(Task to carry out): From the entries that follow, reproduce exactly and only the lines from the line with "-- ===== src/Net/Events/Session.antt" to the line with "let directory = acceptor.media_config.media_save_path", endpoints included.

(Data supplied):
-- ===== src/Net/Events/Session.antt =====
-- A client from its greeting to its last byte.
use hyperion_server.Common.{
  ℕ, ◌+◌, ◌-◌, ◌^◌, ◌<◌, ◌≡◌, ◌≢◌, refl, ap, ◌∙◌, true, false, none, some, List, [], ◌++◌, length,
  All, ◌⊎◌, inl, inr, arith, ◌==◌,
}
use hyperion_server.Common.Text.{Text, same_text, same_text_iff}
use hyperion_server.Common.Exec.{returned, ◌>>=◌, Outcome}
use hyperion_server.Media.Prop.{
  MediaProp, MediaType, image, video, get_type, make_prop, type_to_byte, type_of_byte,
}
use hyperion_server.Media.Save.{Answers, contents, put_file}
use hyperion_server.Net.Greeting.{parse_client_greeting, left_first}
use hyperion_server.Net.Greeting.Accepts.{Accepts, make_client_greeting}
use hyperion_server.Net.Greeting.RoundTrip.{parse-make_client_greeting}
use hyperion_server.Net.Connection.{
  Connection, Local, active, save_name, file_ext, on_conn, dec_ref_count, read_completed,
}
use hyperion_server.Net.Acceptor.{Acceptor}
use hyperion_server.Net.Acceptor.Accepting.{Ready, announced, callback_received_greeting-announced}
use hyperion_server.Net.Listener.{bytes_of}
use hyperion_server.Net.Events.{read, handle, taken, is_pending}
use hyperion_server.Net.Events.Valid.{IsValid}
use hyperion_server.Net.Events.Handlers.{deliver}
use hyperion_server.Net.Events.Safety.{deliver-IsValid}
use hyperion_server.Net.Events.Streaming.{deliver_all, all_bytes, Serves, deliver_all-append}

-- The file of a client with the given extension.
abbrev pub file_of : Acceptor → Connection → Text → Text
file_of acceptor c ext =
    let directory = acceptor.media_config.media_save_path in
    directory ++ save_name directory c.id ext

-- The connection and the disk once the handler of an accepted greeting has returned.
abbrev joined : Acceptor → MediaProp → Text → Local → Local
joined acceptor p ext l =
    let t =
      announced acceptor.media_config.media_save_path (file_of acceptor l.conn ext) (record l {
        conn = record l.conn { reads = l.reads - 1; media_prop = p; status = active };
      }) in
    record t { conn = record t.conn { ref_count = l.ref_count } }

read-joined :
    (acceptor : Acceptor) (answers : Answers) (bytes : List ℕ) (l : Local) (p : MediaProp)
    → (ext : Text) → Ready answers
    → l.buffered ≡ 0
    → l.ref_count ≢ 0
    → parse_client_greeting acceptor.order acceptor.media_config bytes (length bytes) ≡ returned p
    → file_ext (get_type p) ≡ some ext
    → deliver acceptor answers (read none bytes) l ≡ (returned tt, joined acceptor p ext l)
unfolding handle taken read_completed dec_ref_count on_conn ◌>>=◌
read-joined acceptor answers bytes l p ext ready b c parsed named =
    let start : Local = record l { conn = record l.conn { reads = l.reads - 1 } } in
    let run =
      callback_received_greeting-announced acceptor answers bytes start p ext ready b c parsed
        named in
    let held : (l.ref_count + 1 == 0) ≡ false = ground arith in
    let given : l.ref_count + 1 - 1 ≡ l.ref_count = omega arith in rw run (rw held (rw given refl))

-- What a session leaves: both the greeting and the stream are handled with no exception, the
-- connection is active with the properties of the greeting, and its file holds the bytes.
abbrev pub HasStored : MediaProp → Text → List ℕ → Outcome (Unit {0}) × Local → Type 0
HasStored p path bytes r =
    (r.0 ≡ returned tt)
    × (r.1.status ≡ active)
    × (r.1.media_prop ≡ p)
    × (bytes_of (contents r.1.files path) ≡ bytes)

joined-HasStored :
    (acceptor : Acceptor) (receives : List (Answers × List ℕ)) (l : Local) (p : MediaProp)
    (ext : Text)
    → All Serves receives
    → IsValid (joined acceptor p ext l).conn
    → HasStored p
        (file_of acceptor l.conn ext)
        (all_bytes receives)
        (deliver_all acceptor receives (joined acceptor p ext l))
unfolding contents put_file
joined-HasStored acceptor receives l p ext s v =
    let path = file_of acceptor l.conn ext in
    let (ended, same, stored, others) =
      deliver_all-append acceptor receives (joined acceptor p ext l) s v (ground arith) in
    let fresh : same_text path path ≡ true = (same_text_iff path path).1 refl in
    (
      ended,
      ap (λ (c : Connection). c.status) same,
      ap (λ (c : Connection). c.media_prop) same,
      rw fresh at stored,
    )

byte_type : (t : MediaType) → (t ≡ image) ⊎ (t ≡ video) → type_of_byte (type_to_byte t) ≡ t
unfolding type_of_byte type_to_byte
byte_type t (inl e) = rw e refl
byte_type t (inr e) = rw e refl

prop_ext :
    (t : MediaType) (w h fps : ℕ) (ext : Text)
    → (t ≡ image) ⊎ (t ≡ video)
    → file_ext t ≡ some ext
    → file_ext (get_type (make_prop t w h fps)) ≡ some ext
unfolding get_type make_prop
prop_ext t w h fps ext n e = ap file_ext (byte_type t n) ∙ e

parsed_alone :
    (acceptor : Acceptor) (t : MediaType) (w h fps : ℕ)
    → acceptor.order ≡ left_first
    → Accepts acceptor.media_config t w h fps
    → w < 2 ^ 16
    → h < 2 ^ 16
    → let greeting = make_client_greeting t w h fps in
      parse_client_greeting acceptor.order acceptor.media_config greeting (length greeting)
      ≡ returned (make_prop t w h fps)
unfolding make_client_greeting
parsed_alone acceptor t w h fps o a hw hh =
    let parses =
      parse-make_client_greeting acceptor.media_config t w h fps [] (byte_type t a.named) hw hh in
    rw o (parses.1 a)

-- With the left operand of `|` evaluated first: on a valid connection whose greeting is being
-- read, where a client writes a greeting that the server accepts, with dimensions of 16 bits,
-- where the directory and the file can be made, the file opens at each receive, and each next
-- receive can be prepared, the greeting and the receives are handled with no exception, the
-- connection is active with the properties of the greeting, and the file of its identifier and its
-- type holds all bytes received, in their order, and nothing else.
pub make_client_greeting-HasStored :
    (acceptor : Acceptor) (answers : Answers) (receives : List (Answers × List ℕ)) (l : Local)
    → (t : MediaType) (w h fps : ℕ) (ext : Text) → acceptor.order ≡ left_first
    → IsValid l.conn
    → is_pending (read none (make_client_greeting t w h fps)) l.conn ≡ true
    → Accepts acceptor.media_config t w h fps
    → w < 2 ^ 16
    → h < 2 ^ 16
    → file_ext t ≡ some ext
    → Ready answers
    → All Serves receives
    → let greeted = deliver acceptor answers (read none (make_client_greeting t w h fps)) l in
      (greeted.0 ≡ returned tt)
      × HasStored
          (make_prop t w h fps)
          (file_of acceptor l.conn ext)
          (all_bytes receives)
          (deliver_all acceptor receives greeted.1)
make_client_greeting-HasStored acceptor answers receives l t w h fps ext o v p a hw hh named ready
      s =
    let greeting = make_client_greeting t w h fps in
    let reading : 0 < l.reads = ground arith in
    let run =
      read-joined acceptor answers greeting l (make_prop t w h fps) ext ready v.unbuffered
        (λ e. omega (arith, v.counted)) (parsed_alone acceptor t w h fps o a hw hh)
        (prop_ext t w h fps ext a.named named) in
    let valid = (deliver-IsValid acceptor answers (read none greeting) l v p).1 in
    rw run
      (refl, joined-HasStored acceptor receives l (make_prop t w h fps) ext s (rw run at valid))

* * *

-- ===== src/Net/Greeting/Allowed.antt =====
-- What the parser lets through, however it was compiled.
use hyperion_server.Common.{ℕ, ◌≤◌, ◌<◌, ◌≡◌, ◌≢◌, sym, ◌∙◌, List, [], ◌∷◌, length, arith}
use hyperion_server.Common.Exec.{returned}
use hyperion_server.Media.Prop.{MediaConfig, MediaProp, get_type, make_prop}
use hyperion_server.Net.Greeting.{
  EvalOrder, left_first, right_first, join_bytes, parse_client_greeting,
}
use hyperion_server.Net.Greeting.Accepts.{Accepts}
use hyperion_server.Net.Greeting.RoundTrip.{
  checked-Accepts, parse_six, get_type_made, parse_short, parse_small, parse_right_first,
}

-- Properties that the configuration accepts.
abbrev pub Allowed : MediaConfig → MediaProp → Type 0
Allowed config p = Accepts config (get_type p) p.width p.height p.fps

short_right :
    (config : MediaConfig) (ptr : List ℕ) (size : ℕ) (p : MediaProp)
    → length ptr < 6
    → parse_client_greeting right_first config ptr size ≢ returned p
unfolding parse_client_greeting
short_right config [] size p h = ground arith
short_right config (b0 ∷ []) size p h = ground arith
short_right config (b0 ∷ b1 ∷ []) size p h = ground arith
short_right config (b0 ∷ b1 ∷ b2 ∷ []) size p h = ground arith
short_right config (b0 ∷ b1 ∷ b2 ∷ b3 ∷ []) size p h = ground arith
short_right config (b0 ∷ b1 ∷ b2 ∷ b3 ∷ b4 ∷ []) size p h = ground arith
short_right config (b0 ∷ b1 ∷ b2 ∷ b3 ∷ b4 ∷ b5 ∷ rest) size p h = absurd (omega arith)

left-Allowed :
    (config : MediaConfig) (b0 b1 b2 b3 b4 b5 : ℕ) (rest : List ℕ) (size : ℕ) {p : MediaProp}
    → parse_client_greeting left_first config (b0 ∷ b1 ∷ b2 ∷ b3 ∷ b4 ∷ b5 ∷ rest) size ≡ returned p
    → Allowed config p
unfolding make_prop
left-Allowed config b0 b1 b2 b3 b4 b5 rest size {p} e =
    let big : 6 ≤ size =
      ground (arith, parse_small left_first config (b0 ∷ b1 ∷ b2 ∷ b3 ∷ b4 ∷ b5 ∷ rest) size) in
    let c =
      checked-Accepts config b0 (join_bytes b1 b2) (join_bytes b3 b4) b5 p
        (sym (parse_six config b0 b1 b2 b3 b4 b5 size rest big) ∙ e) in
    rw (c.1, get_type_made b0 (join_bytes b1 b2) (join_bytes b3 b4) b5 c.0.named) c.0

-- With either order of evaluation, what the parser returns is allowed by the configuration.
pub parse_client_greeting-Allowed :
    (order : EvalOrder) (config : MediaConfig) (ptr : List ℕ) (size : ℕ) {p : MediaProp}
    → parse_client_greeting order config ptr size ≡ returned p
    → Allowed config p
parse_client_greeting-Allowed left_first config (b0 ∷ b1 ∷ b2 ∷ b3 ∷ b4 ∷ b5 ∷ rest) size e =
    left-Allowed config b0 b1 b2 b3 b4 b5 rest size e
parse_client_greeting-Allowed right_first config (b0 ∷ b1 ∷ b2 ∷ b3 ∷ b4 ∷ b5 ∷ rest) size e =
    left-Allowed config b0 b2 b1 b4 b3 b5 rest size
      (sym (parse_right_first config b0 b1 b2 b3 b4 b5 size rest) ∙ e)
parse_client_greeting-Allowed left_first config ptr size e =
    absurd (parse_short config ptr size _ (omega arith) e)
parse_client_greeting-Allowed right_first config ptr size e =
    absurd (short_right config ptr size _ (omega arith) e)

==

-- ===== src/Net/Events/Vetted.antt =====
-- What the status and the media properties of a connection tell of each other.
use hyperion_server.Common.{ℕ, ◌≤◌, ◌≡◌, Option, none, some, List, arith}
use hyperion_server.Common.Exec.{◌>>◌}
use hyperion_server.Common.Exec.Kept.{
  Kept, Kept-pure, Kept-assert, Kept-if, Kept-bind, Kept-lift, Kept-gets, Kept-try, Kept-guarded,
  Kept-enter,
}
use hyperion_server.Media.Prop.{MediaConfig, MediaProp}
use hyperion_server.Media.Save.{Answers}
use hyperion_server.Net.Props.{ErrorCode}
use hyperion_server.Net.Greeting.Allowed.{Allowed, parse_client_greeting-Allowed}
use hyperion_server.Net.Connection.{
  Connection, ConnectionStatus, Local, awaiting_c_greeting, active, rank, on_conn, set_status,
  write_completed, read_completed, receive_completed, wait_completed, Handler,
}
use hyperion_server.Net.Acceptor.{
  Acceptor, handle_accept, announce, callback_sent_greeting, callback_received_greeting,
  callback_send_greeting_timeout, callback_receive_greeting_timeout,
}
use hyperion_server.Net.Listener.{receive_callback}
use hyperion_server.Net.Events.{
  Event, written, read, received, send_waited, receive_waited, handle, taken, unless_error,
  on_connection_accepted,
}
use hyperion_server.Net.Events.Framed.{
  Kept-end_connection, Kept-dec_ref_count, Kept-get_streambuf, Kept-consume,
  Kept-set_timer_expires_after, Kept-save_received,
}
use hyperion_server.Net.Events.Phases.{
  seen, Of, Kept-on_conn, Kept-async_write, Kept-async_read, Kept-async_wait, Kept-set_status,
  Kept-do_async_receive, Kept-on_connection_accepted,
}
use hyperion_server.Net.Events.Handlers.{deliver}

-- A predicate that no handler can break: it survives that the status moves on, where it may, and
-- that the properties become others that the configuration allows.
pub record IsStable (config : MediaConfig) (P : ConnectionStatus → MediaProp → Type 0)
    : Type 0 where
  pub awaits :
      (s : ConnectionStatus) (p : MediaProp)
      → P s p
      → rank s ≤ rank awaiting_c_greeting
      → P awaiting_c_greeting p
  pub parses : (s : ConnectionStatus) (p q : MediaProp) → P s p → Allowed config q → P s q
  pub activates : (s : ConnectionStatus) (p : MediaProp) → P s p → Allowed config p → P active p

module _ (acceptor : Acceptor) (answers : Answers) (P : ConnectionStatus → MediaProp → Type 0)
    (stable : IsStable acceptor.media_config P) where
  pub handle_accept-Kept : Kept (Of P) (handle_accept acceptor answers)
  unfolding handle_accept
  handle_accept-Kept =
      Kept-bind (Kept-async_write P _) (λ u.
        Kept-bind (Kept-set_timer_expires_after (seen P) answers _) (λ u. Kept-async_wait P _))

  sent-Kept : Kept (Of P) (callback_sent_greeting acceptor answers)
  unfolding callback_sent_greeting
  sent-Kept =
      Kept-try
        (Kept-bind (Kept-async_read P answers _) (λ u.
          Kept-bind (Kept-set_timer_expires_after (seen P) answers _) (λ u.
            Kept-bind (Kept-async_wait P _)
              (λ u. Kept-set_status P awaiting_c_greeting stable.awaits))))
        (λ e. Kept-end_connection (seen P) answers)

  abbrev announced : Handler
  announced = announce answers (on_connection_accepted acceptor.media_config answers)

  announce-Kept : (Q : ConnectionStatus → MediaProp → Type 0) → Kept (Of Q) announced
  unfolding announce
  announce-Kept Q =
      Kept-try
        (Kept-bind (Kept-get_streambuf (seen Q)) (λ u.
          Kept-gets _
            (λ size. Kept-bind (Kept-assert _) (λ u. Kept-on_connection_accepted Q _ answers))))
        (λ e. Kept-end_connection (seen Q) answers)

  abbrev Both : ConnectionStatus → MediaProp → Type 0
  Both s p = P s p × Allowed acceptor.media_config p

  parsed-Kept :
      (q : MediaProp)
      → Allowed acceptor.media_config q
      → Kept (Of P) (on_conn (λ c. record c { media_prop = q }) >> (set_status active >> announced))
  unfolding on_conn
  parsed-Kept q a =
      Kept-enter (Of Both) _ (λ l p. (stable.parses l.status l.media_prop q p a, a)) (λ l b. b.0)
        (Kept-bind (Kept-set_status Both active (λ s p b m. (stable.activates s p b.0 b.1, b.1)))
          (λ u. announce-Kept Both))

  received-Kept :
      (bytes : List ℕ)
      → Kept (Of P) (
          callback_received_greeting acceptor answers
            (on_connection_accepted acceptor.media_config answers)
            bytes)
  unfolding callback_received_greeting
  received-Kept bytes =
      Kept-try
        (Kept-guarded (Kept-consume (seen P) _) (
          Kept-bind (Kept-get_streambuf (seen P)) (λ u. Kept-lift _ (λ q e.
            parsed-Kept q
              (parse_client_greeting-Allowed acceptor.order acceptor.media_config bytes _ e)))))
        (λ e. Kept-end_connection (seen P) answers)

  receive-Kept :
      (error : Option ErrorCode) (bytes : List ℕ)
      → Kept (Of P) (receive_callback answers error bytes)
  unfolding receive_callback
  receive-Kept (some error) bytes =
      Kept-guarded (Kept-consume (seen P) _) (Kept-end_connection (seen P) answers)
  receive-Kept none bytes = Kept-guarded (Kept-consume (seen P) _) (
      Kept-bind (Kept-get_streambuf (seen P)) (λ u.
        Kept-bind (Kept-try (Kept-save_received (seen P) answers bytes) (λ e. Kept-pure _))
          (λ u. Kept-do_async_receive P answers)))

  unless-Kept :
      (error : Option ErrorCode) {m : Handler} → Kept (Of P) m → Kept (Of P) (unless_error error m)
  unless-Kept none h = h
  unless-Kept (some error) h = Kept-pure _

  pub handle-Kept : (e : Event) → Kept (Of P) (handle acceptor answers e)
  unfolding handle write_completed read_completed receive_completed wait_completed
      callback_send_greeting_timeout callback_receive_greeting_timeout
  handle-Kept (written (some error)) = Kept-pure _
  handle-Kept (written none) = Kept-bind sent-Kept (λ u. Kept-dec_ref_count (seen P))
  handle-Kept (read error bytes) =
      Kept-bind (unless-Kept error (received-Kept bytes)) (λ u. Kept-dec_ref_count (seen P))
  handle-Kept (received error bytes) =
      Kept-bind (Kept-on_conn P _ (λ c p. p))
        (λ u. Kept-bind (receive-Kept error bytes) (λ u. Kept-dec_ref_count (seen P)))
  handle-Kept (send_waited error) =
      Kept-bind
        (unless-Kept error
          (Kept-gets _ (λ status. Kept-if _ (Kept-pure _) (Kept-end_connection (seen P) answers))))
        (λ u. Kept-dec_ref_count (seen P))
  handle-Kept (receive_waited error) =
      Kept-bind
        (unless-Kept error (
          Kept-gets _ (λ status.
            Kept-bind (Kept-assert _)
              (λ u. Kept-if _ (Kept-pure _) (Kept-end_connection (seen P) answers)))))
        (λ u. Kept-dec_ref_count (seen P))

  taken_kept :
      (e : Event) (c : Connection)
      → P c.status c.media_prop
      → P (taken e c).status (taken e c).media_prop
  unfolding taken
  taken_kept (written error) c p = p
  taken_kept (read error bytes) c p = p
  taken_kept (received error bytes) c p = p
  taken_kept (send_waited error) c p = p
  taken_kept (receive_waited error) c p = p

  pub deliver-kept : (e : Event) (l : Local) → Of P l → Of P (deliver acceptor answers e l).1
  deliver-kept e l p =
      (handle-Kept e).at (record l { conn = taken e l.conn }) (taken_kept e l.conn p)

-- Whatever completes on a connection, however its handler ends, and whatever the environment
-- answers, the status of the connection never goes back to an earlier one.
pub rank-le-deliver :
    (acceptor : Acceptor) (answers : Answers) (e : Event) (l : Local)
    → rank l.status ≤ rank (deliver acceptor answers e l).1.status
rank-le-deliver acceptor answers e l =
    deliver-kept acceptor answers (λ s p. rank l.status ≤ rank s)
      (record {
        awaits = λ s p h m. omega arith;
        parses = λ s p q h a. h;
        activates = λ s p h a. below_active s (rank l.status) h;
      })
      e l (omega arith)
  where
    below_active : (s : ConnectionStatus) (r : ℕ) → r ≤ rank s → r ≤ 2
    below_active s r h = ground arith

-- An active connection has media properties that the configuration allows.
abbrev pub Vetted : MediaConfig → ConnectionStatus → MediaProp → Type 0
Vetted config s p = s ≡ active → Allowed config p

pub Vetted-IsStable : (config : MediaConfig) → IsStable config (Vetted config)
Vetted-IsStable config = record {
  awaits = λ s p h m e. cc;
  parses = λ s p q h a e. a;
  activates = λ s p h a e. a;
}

(Reply):
-- ===== src/Net/Events/Session.antt =====
-- A client from its greeting to its last byte.
use hyperion_server.Common.{
  ℕ, ◌+◌, ◌-◌, ◌^◌, ◌<◌, ◌≡◌, ◌≢◌, refl, ap, ◌∙◌, true, false, none, some, List, [], ◌++◌, length,
  All, ◌⊎◌, inl, inr, arith, ◌==◌,
}
use hyperion_server.Common.Text.{Text, same_text, same_text_iff}
use hyperion_server.Common.Exec.{returned, ◌>>=◌, Outcome}
use hyperion_server.Media.Prop.{
  MediaProp, MediaType, image, video, get_type, make_prop, type_to_byte, type_of_byte,
}
use hyperion_server.Media.Save.{Answers, contents, put_file}
use hyperion_server.Net.Greeting.{parse_client_greeting, left_first}
use hyperion_server.Net.Greeting.Accepts.{Accepts, make_client_greeting}
use hyperion_server.Net.Greeting.RoundTrip.{parse-make_client_greeting}
use hyperion_server.Net.Connection.{
  Connection, Local, active, save_name, file_ext, on_conn, dec_ref_count, read_completed,
}
use hyperion_server.Net.Acceptor.{Acceptor}
use hyperion_server.Net.Acceptor.Accepting.{Ready, announced, callback_received_greeting-announced}
use hyperion_server.Net.Listener.{bytes_of}
use hyperion_server.Net.Events.{read, handle, taken, is_pending}
use hyperion_server.Net.Events.Valid.{IsValid}
use hyperion_server.Net.Events.Handlers.{deliver}
use hyperion_server.Net.Events.Safety.{deliver-IsValid}
use hyperion_server.Net.Events.Streaming.{deliver_all, all_bytes, Serves, deliver_all-append}

-- The file of a client with the given extension.
abbrev pub file_of : Acceptor → Connection → Text → Text
file_of acceptor c ext =
    let directory = acceptor.media_config.media_save_path in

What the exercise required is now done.